General information
- Type: Trainer aircraft
- Manufacturer: Australian Aircraft Consortium (Commonwealth Aircraft Corporation, Government Aircraft Factories and Hawker de Havilland)
- Status: Cancelled 1986
- Primary user: Royal Australian Air Force
- Number built: 0 (prototype incomplete)

= AAC Wamira =

Australian Aircraft

The AAC Wamira was a turboprop military trainer aircraft, designed for the Royal Australian Air Force (RAAF) by the Australian Aircraft Consortium (AAC). The project was cancelled shortly before the first prototype was completed.

==Design and development==
The story of the aircraft and its creators are interwoven, as AAC was set up expressly to design and build the aircraft. The consortium came into being in 1981, with its members being the three main aircraft manufacturers in Australia at that time—the Commonwealth Aircraft Corporation (CAC), the Government Aircraft Factories (GAF), and Hawker de Havilland (HdH). The RAAF, which expressed an intention to buy 69 aircraft, specified a turboprop trainer of a broadly conventional tricycle undercarriage low-wing layout, to be powered by a Pratt & Whitney Canada PT6A-25C engine. Unusually, however, its two seats were to be in a side-by-side configuration. The RAAF also specified that the type be fully aerobatic, be capable of cross-country navigation and weapons training, have a 200 kn cruising speed at sea level, and have a minimum service life of 20 years and 8,000 flying hours. AAC signed a design and development contract in June 1982 and began work to produce an aircraft to meet the design criteria under the designation A10.

When it became clear that the aircraft as specified by the RAAF had limited appeal to other potential users, a version with the more usual tandem seating was designed, this being designated the A20; both models were named Wamira. A Memorandum of Understanding was signed with Westland Aircraft to establish a joint venture to market (and hopefully sell) the A20 in Europe. The A20 was subsequently entered in the competition to replace the Royal Air Force (RAF) fleet of BAC Jet Provosts, a competition eventually won by the Short Tucano. An engineering mockup (EMU) was produced in Australia consisting of stub wings and a fuselage from the fin fillet forward. Made from wood & alloy, it utilised real aircraft components such as ejection seats, control columns, rudder pedals, etc. and was shipped to the UK, appearing on the Westland stand at Farnborough '84. However, the Wamira was never a serious contender due to it being at the design stage whilst the other three contenders were flying aircraft.
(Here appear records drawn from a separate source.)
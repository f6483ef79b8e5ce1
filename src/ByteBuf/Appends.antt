-- ===== src/ByteBuf/Appends.antt =====
-- commons/ByteBuf.hpp: a writer as a relation between the buffers before and after it.
use kiteq_client_cpp.Base.{
  ℕ, ◌+◌, ◌%◌, ◌^◌, ◌≤◌, ◌<◌, ◌≡◌, refl, ap, ◌∙◌, List, [], ◌∷◌, ◌++◌, some, length, append_assoc,
  arith, length-append,
}
use kiteq_client_cpp.ByteBuf.{
  ByteBuf, Platform, push_all, write_byte, write_short, write_int, write_long, write_bytes,
  add_writer_index,
}
use kiteq_client_cpp.ByteBuf.Fields.{
  short_bytes, int_bytes, long_bytes, push_all-buff, push_all-indices, write_byte-buff,
  write_short-buff, write_int-buff, write_long-buff, write_bytes_lem,
}
use kiteq_client_cpp.ByteBuf.Invariant.{push_all-capacity}

-- `b'` is `b` with the bytes `cs` written behind; with room for them nothing is reallocated.
pub record Appends (b : ByteBuf) (cs : List ℕ) (b' : ByteBuf) : Type 0 where
  pub content : b'.buff ≡ b.buff ++ cs
  pub reader : b'.reader_index ≡ b.reader_index
  pub writer : b'.writer_index ≡ (b.writer_index + length cs) % 2 ^ 32
  pub room : length b.buff + length cs ≤ b.capacity → b'.capacity ≡ b.capacity

pub Appends-trans :
    {b b' b'' : ByteBuf} (cs ds : List ℕ)
    → Appends b cs b'
    → Appends b' ds b''
    → Appends b (cs ++ ds) b''
Appends-trans {b} cs ds p q = record {
  content = q.content ∙ ap (λ xs. xs ++ ds) p.content ∙ append_assoc b.buff cs ds;
  reader = q.reader ∙ p.reader;
  writer = omega (arith, q.writer, p.writer, length-append cs ds);
  room = λ h.
      let first = p.room (omega (arith, h, length-append cs ds)) in
      let long = length-append b.buff cs in
      q.room (omega (arith, first, long, ap length p.content, h, length-append cs ds)) ∙ first;
}

module _ (pf : Platform) where
  push_all-Appends :
      (b : ByteBuf) (raw cs : List ℕ) (n : ℕ)
      → (add_writer_index (push_all pf b raw) n).buff ≡ b.buff ++ cs
      → length raw ≡ n
      → length cs ≡ n
      → Appends b cs (add_writer_index (push_all pf b raw) n)
  unfolding add_writer_index
  push_all-Appends b raw cs n e long_raw long = record {
    content = e;
    reader = (push_all-indices pf b raw).0;
    writer = omega (arith, (push_all-indices pf b raw).1);
    room = λ h. push_all-capacity pf b raw (omega arith);
  }

  pub write_byte-Appends : (b : ByteBuf) (c : ℕ) → Appends b (c ∷ []) (write_byte pf b c)
  unfolding write_byte push_all
  write_byte-Appends b c = push_all-Appends b (c ∷ []) (c ∷ []) 1 (write_byte-buff pf b c) refl refl

  pub write_short-Appends : (b : ByteBuf) (i : ℕ) → Appends b (short_bytes i) (write_short pf b i)
  unfolding write_short
  write_short-Appends b i =
      push_all-Appends b _ (short_bytes i) 2 (write_short-buff pf b i) refl refl

  pub write_int-Appends : (b : ByteBuf) (i : ℕ) → Appends b (int_bytes i) (write_int pf b i)
  unfolding write_int
  write_int-Appends b i = push_all-Appends b _ (int_bytes i) 4 (write_int-buff pf b i) refl refl

  pub write_long-Appends : (b : ByteBuf) (i : ℕ) → Appends b (long_bytes i) (write_long pf b i)
  unfolding write_long
  write_long-Appends b i = push_all-Appends b _ (long_bytes i) 8 (write_long-buff pf b i) refl refl

  -- `writeBytes` of a whole array reads nothing out of range.
  pub write_bytes-Appends :
      (b : ByteBuf) (src : List ℕ)
      → b.writer_index < 2 ^ 32
      → length src < 2 ^ 31
      → (b' : ByteBuf) × (write_bytes pf b src (length src) ≡ some b') × Appends b src b'
  write_bytes-Appends b src index h = (
    _,
    write_bytes_lem pf b src index h,
    push_all-Appends b src src (length src) (unfold add_writer_index in push_all-buff pf b src) refl
        refl,
  )
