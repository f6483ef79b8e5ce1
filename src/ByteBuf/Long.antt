-- ===== src/ByteBuf/Long.antt =====
-- commons/ByteBuf.hpp, `readLong`: its shifts are done on 32-bit values, so that the upper four
-- bytes are lost, whatever the compiler makes of a shift by 32 bits or more.
use kiteq_client_cpp.Base.{
  ℕ, ◌/◌, ◌%◌, ◌^◌, ◌≤◌, ◌<◌, ◌≡◌, ◌≢◌, List, ◌∷◌, ◌++◌, some, arith, subst,
}
use mathlib.Core.Option.{some-injective}
use kiteq_client_cpp.Base.Word.{low_byte, low_byte-mod, shl32, char_to_int}
use kiteq_client_cpp.Base.Bits.{bit_or-lt, zero-bit_or}
use kiteq_client_cpp.ByteBuf.{Platform, read_int, read_long}
use kiteq_client_cpp.ByteBuf.Fields.{long_bytes, read_int-int_bytes}

low_byte-lt : (x : ℕ) → low_byte x < 2 ^ 32
low_byte-lt x = omega (arith, low_byte-mod x)

-- What is read is an `unsigned int`.
pub read_long-lt : (pf : Platform) (b : List ℕ) (v : ℕ) → read_long pf b ≡ some v → v < 2 ^ 32
unfolding read_long
read_long-lt pf (c1 ∷ c2 ∷ c3 ∷ c4 ∷ c5 ∷ c6 ∷ c7 ∷ c8 ∷ rest) v e =
    subst (λ x. x < 2 ^ 32) (some-injective _ _ e)
      (bit_or-lt 32 _ _
        (bit_or-lt 32 _ _
          (bit_or-lt 32 _ _
            (bit_or-lt 32 _ _
              (bit_or-lt 32 _ _
                (bit_or-lt 32 _ _
                  (bit_or-lt 32 _ _ (pf.oversize_shift-lt _ _) (pf.oversize_shift-lt _ _))
                  (pf.oversize_shift-lt _ _))
                (pf.oversize_shift-lt _ _))
              (omega arith))
            (omega arith))
          (omega arith))
        (low_byte-lt (char_to_int c8)))
read_long-lt pf _ v e = cc

-- An extension of 32 bits or more is not read back.
pub read_long-ne :
    (pf : Platform) (i : ℕ) (rest : List ℕ)
    → 2 ^ 32 ≤ i
    → read_long pf (long_bytes i ++ rest) ≢ some i
read_long-ne pf i rest big e = absurd (omega (arith, read_long-lt pf (long_bytes i ++ rest) i e))

-- A smaller one is, if the compiler makes every oversized shift of 0 a 0.
pub read_long-long_bytes :
    (pf : Platform) (i : ℕ) (rest : List ℕ)
    → ((k : ℕ) → pf.oversize_shift 0 k ≡ 0)
    → i < 2 ^ 32
    → read_long pf (long_bytes i ++ rest) ≡ some i
unfolding read_long
read_long-long_bytes pf i rest zero_shift h =
    rw
      (
        top_byte (i / 2 ^ 32 / 2 ^ 24) (omega arith),
        top_byte (i / 2 ^ 32 / 2 ^ 16) (omega arith),
        top_byte (i / 2 ^ 32 / 2 ^ 8) (omega arith),
        top_byte (i / 2 ^ 32) (omega arith),
        zero_shift 56,
        zero_shift 48,
        zero_shift 40,
        zero_shift 32,
        zero-bit_or (shl32 (low_byte (char_to_int (i / 2 ^ 24 % 256))) 24),
      )
      (unfold read_int in read_int-int_bytes i rest h)
  where
    top_byte : (x : ℕ) → x ≡ 0 → low_byte (char_to_int (x % 256)) ≡ 0
    top_byte x e = rw e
By the time the RAF competition was lost, the whole Wamira project was in doubt. This was partly due to delays in completing the prototype, but mainly due to huge cost overruns. At the time, the RAAF was replacing its front-line fighter fleet and wanted an Airborne Early Warning platform and inflight refuelling aircraft to enhance the new type's capabilities, and an Auditor-General report found that the Wamira project cost was likely to be more than double that originally estimated. In July 1985 it was announced that the RAAF trainer requirement was now a competition, and that the Short Tucano, Pilatus PC-7 and PC-9 (all of which had tandem seating) would be considered as well as the Wamira. The same month CAC was absorbed by HdH, meaning that HdH now had a two-thirds share in AAC and quickly became sole owner of the Wamira project when it bought GAF's share. On 16 December 1985, the Pilatus PC-9 was announced as the winner of the competition, and the Wamira project was cancelled. The HdH partners were later jointly responsible for licence-production of the PC-9.

Endeavour Aerospace acquired the Wamira design and associated rights from the Australian government in 2000. The aircraft design was subsequently renamed Phoenix, with Endeavour proposing variants with either side-by-side or tandem seating. Endeavour Aerospace believes that the design has potential in the general aviation market as a pilot trainer and recreation/sports/utility aircraft. The original drawings and design records have been kept in safe storage since being acquired.

The A-20 EMU resided at the Westland Helicopters Weston factory until 'Heseltine-gate' in 1986 closed the site. The EMU returned to Australia in 2012 via a group of enthusiasts who raised the funds for transport and fumigation. The A-20 EMU is now in storage at an aircraft restoration facility in the western suburbs of Melbourne awaiting a full overhaul.